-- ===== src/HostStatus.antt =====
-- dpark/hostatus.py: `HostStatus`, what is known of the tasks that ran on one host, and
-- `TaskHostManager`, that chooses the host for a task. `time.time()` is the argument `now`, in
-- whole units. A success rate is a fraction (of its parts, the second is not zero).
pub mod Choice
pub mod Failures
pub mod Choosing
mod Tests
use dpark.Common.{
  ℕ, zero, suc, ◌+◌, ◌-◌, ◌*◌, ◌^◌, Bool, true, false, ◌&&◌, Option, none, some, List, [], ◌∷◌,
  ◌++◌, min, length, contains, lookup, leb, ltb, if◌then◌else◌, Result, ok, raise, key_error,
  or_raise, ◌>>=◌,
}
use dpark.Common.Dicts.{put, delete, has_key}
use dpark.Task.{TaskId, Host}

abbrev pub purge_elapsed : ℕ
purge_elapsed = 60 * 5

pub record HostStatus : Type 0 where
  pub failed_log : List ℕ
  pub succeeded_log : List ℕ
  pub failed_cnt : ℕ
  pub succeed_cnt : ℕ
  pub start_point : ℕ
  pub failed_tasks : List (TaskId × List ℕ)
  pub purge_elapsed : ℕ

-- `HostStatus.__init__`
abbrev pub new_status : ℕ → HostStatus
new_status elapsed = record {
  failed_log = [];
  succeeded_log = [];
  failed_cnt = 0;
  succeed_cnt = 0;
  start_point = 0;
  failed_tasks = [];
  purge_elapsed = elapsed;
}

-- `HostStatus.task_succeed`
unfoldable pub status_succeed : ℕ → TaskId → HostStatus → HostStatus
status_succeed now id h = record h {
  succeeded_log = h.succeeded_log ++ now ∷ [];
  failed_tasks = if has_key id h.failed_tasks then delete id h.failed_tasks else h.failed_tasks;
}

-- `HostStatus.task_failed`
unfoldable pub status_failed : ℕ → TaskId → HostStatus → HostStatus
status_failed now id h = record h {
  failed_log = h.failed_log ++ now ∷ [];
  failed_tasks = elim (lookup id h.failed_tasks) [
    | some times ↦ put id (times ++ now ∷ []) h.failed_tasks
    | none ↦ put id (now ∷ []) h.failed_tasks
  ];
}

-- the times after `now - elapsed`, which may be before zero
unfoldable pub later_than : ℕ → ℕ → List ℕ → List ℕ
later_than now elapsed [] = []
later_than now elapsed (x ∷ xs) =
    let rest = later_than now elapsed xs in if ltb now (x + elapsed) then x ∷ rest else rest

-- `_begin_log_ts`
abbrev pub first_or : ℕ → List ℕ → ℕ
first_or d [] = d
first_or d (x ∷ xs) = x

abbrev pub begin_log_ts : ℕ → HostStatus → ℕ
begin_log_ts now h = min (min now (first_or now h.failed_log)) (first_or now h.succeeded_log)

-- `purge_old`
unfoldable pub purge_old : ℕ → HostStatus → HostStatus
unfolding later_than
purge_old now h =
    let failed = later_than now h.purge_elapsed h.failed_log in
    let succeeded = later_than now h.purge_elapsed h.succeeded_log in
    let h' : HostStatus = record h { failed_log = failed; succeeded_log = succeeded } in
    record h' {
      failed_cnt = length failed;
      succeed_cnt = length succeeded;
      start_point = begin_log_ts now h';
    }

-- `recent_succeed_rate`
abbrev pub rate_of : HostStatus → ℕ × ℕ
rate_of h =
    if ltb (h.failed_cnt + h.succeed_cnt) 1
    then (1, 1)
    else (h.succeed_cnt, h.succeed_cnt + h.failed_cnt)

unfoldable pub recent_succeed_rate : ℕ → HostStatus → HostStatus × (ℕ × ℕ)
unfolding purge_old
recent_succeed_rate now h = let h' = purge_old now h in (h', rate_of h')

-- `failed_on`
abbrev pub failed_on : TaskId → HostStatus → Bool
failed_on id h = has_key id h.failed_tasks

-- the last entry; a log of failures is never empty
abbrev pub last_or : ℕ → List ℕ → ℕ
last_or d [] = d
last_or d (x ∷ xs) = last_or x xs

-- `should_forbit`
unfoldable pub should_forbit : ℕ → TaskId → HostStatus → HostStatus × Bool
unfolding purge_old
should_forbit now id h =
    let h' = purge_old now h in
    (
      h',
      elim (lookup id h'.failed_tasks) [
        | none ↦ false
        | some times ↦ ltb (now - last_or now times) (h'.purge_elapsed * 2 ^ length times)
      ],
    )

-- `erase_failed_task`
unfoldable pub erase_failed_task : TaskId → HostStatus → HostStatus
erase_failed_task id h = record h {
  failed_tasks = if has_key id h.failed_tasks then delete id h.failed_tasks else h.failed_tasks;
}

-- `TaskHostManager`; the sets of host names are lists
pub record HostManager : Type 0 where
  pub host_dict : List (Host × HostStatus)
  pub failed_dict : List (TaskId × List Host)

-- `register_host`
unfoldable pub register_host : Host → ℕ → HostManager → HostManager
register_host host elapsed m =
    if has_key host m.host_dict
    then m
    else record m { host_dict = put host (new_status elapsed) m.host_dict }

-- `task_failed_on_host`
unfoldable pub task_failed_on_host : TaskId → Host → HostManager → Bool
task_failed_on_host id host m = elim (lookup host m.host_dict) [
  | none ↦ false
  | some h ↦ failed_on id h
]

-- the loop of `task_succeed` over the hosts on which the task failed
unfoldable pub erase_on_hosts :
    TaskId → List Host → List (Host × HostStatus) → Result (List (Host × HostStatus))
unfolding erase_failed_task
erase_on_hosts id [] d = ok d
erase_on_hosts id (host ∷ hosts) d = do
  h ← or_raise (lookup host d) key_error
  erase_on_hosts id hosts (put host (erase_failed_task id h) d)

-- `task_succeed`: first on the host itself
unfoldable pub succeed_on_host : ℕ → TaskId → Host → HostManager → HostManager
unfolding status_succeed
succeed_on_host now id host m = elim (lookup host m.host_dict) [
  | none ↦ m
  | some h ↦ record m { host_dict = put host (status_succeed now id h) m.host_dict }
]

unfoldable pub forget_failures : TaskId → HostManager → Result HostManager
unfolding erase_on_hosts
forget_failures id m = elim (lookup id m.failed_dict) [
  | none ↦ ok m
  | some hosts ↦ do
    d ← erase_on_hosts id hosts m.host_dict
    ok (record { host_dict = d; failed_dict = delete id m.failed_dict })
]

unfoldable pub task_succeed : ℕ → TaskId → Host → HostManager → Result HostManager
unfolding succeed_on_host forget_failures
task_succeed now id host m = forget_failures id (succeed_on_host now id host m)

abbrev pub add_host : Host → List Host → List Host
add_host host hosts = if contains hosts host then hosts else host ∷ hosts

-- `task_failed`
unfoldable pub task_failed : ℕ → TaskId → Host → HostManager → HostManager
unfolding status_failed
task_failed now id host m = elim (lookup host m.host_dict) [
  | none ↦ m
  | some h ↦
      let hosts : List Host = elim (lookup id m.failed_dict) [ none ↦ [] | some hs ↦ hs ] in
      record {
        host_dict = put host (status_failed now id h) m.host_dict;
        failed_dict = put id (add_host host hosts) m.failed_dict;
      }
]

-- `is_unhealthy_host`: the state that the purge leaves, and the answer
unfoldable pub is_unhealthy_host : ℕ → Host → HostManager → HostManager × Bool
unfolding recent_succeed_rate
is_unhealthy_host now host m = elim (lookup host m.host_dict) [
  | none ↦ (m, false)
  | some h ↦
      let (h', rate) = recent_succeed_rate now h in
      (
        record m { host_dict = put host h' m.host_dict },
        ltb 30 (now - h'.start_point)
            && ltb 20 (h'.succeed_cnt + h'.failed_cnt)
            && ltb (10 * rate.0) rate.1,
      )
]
+---+
Problem details:
Please say how many lines in the records above contain the word "TaskHostManager". Give the number alone.

Task solution:
2